Dataset excerpts
☆ ☆ ☆
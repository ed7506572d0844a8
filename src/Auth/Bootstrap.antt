-- ===== src/Auth/Bootstrap.antt =====
-- The administrator of the configuration: `reconcile_configured_bootstrap_admin` of
-- crates/server/src/auth/mod.rs, on a store that was read from its file.
pub mod Reconciled
use vaylix.Prelude.{
  ℕ, String, Bool, true, false, ◌&&◌, ◌||◌, not, Option, none, some, List, [], ◌∷◌, Result, ok, err,
  str_eq, if◌then◌else◌,
}
use vaylix.Table.{Table, lookup, insert, remove}
use vaylix.Auth.Error.{ServerError}
use vaylix.Auth.Grants.{all_permissions, same_permission, same_grant, add, extend}
use vaylix.Auth.Store.{
  Secrets, UserRecord, RoleRecord, StoredAuth, admin_role, has_role, is_admin, admin_role_record,
  star_grants,
}

abbrev pub default_name : String
default_name = "vaylix"

abbrev pub is_default : String → String → Bool
is_default name password = str_eq name default_name && str_eq password "vaylix"

abbrev pub or_admin_record : Option RoleRecord → RoleRecord
or_admin_record none = admin_role_record
or_admin_record (some role) = role

abbrev pub all_extended : RoleRecord → RoleRecord
all_extended role = record {
  permissions = extend same_permission role.permissions all_permissions;
  grants = extend same_grant role.grants (star_grants all_permissions);
}

unfoldable pub ensure_admin_role : StoredAuth → StoredAuth
ensure_admin_role stored = record stored {
  roles =
      insert admin_role (all_extended (or_admin_record (lookup admin_role stored.roles)))
        stored.roles;
}

unfoldable pub remove_admin_user_if_present : String → StoredAuth → StoredAuth
remove_admin_user_if_present name stored = elim (lookup name stored.users) [
  | none ↦ stored
  | some user ↦
      if has_role admin_role user
      then record stored { users = remove name stored.users }
      else stored
]

unfoldable pub retire_previous_bootstrap_admin : Option String → String → StoredAuth → StoredAuth
retire_previous_bootstrap_admin none name stored = stored
retire_previous_bootstrap_admin (some previous) name stored =
    if str_eq previous name then stored else remove_admin_user_if_present previous stored

-- The names of the enabled administrators.
unfoldable pub admins_of : Table UserRecord → List String
admins_of [] = []
admins_of ((name, user) ∷ users) =
    let rest = admins_of users in if is_admin user then name ∷ rest else rest

abbrev the_only : List String → Option String
the_only (name ∷ []) = some name
the_only _ = none

unfoldable pub legacy_single_admin_username : StoredAuth → Option String
legacy_single_admin_username stored = elim stored.bootstrap_admin [
  | some _ ↦ none
  | none ↦ the_only (admins_of stored.users)
]

abbrev pub with_admin : String → Option UserRecord → UserRecord
with_admin hash none = record { password_hash = hash; roles = admin_role ∷ []; disabled = false }
with_admin hash (some user) = record {
  password_hash = hash;
  roles = add str_eq admin_role user.roles;
  disabled = false;
}

-- A store of the first version names no bootstrap administrator.
abbrev pub retired : Option String → Option String → String → StoredAuth → StoredAuth
retired none legacy name stored = retire_previous_bootstrap_admin legacy name stored
retired (some previous) legacy name stored =
    retire_previous_bootstrap_admin (some previous) name stored

-- `or` calls the password check for a default user who is no administrator only.
abbrev pub retire_default :
    StoredAuth → Bool → Result ServerError Bool → Result ServerError StoredAuth
retire_default stored true matches = ok (remove_admin_user_if_present default_name stored)
retire_default stored false (err e) = err e
retire_default stored false (ok true) = ok (remove_admin_user_if_present default_name stored)
retire_default stored false (ok false) = ok stored

abbrev pub installed : String → String → StoredAuth → StoredAuth
installed name hash stored =
    let ready = ensure_admin_role stored in
    record ready { users = insert name (with_admin hash (lookup name ready.users)) ready.users }

abbrev pub finished : String → Result ServerError StoredAuth → Result ServerError StoredAuth
finished name (err e) = err e
finished name (ok stored) = ok (record stored { bootstrap_admin = some name; version = 2 })

module _ (s : Secrets) where
  unfoldable pub retire_legacy_default_bootstrap_user :
      StoredAuth → String → Result ServerError StoredAuth
  retire_legacy_default_bootstrap_user stored name =
      if str_eq name default_name then ok stored else elim (lookup default_name stored.users) [
        | none ↦ ok stored
        | some user ↦
            retire_default stored (has_role admin_role user)
              (s.password_matches user.password_hash "vaylix")
      ]

  unfoldable pub reconcile_configured_bootstrap_admin :
      StoredAuth → String → String → Result ServerError StoredAuth
  reconcile_configured_bootstrap_admin stored name password =
      if is_default name password
      then ok (record stored { version = 2 })
      else elim (s.hash_password password) [
        | err e ↦ err e
        | ok hash ↦ finished name (
            retire_legacy_default_bootstrap_user
              (retired stored.bootstrap_admin (legacy_single_admin_username stored) name
                (installed name hash stored))
              name)
      ]
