-- ===== src/Table/Laws.antt =====
-- What an insertion, a removal and a filter change, key by key.
use vaylix.Prelude.{
  String, ◌≡◌, refl, none, some, false, [], ◌∷◌, arith, eq_iff, str_eq, if◌then◌else◌,
}
use vaylix.Table.{Table, lookup, insert, remove}

module _ {ℓ} {V : Type ℓ} where
  pub lookup-insert :
      (k j : String) (new : V) (table : Table V)
      → lookup j (insert k new table) ≡ (if str_eq k j then some new else lookup j table)
  unfolding insert lookup
  lookup-insert k j new ((other, old) ∷ table) =
      ground (arith, lookup-insert k j new table, eq_iff other k, eq_iff other j, eq_iff k j)
  lookup-insert k j new [] = refl

  pub lookup-remove :
      (k j : String) (m : Table V)
      → lookup j (remove k m) ≡ (if str_eq k j then none else lookup j m)
  unfolding lookup remove
  lookup-remove k j [] = ground arith
  lookup-remove k j ((i, w) ∷ m) =
      ground (arith, eq_iff k j, eq_iff i k, eq_iff i j, lookup-remove k j m)

  -- No pair has the key.
  abbrev pub IsFresh : String → Table V → Type 0
  IsFresh k [] = Unit
  IsFresh k ((j, v) ∷ m) = (str_eq j k ≡ false) × IsFresh k m

  -- The keys are distinct, as in every `DashMap` and `BTreeMap`.
  abbrev pub IsMap : Table V → Type 0
  IsMap [] = Unit
  IsMap ((k, v) ∷ m) = IsFresh k m × IsMap m

  pub lookup-IsFresh : (k : String) (m : Table V) → IsFresh k m → lookup k m ≡ none
  unfolding lookup
  lookup-IsFresh k [] h = refl
  lookup-IsFresh k ((j, v) ∷ m) h = ground (arith, lookup-IsFresh k m)

module _ {ℓ} {V : Type ℓ} where
  IsFresh-insert :
      (j k : String) (v : V) (m : Table V)
      → str_eq k j ≡ false
      → IsFresh j m
      → IsFresh j (insert k v m)
  unfolding insert
  IsFresh-insert j k v [] h f = (h, tt)
  IsFresh-insert j k v ((i, w) ∷ m) h f = ground (arith, IsFresh-insert j k v m h)

  IsFresh-remove : (j k : String) (m : Table V) → IsFresh j m → IsFresh j (remove k m)
  unfolding remove
  IsFresh-remove j k [] f = tt
  IsFresh-remove j k ((i, w) ∷ m) f = ground (arith, IsFresh-remove j k m)

  pub IsMap-insert : (k : String) (v : V) (m : Table V) → IsMap m → IsMap (insert k v m)
  unfolding insert
  IsMap-insert k v [] h = (tt, tt)
  IsMap-insert k v ((i, w) ∷ m) h =
      ground (arith, IsMap-insert k v m, IsFresh-insert i k v m, eq_iff i k, eq_iff k i)

  pub IsMap-remove : (k : String) (m : Table V) → IsMap m → IsMap (remove k m)
  unfolding remove
  IsMap-remove k [] h = tt
  IsMap-remove k ((i, w) ∷ m) h = ground (arith, IsMap-remove k m, IsFresh-remove i k m)

  -- Writing back what is there, or removing what is not, changes nothing.
  pub insert-lookup : (k : String) (v : V) (m : Table V) → lookup k m ≡ some v → insert k v m ≡ m
  unfolding lookup insert
  insert-lookup k v [] h = cc
  insert-lookup k v ((i, w) ∷ m) h = ground (arith, insert-lookup k v m, eq_iff i k)

  pub remove_absent : (k : String) (m : Table V) → lookup k m ≡ none → remove k m ≡ m
  unfolding lookup remove
  remove_absent k [] h = refl
  remove_absent k ((i, w) ∷ m) h = ground (arith, remove_absent k m)

pub ruleset table_laws = (lookup-insert, lookup-remove)
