-- ===== src/Auth/Store/Count.antt =====
-- How the number of enabled administrators follows the changes of the users.
use vaylix.Prelude.{
  ℕ, ◌+◌, ◌≡◌, refl, String, false, none, some, List, [], ◌∷◌, str_eq, eq_iff, arith,
}
use vaylix.Table.{Table, lookup, insert, remove}
use vaylix.Table.Laws.{IsMap, IsFresh, lookup-IsFresh}
use vaylix.Auth.Grants.{member, discard}
use vaylix.Auth.Store.{UserRecord, admin_role, is_admin, one_if, count_admins, without_role}

-- One if the user is an enabled administrator.
abbrev pub admin_at : String → Table UserRecord → ℕ
admin_at name users = elim (lookup name users) [ none ↦ 0 | some user ↦ one_if (is_admin user) ]

pub count_admins-insert :
    (name : String) (user : UserRecord) (users : Table UserRecord)
    → count_admins (insert name user users) + admin_at name users
      ≡ one_if (is_admin user) + count_admins users
unfolding count_admins insert lookup
count_admins-insert name user [] = omega arith
count_admins-insert name user ((other, old) ∷ users) =
    ground (arith, count_admins-insert name user users)

remove_fresh :
    (name : String) (users : Table UserRecord) → IsFresh name users → remove name users ≡ users
unfolding remove
remove_fresh name [] h = refl
remove_fresh name ((other, old) ∷ users) h = ground (arith, remove_fresh name users)

pub count_admins-remove :
    (name : String) (users : Table UserRecord)
    → IsMap users
    → count_admins (remove name users) + admin_at name users ≡ count_admins users
unfolding count_admins remove lookup
count_admins-remove name [] m = refl
count_admins-remove name ((other, old) ∷ users) m = ground (
  arith,
  count_admins-remove name users,
  remove_fresh name users,
  eq_iff other name,
  lookup-IsFresh name users,
)

pub member-discard :
    (x role : String) (roles : List String)
    → str_eq role x ≡ false
    → member str_eq x (discard str_eq role roles) ≡ member str_eq x roles
member-discard x role [] h = refl
member-discard x role (r ∷ roles) h =
    ground (arith, member-discard x role roles h, eq_iff r x, eq_iff r role, eq_iff role x)

pub count_admins-without_role :
    (role : String) (users : Table UserRecord)
    → str_eq role admin_role ≡ false
    → count_admins (without_role role users) ≡ count_admins users
unfolding count_admins without_role
count_admins-without_role role [] h = refl
count_admins-without_role role ((name, user) ∷ users) h =
    ground
      (arith, count_admins-without_role role users h, member-discard admin_role role user.roles h)

IsFresh-without_role :
    (name role : String) (users : Table UserRecord)
    → IsFresh name users
    → IsFresh name (without_role role users)
unfolding without_role
IsFresh-without_role name role [] h = tt
IsFresh-without_role name role (pair ∷ users) h = (h.0, IsFresh-without_role name role users h.1)

pub IsMap-without_role :
    (role : String) (users : Table UserRecord) → IsMap users → IsMap (without_role role users)
unfolding without_role
IsMap-without_role role [] h = tt
IsMap-without_role role (pair ∷ users) h =
    (IsFresh-without_role pair.0 role users h.0, IsMap-without_role role users h.1)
☆ ☆ ☆
* _Exercise_: Give back the records above exactly, limited to the lines between the one holding "abbrev pub retired" and the one holding "abbrev pub retire_default", inclusive.

* _Task solution_:
abbrev pub retired : Option String → Option String → String → StoredAuth → StoredAuth
retired none legacy name stored = retire_previous_bootstrap_admin legacy name stored
retired (some previous) legacy name stored =
    retire_previous_bootstrap_admin (some previous) name stored

-- `or` calls the password check for a default user who is no administrator only.
abbrev pub retire_default :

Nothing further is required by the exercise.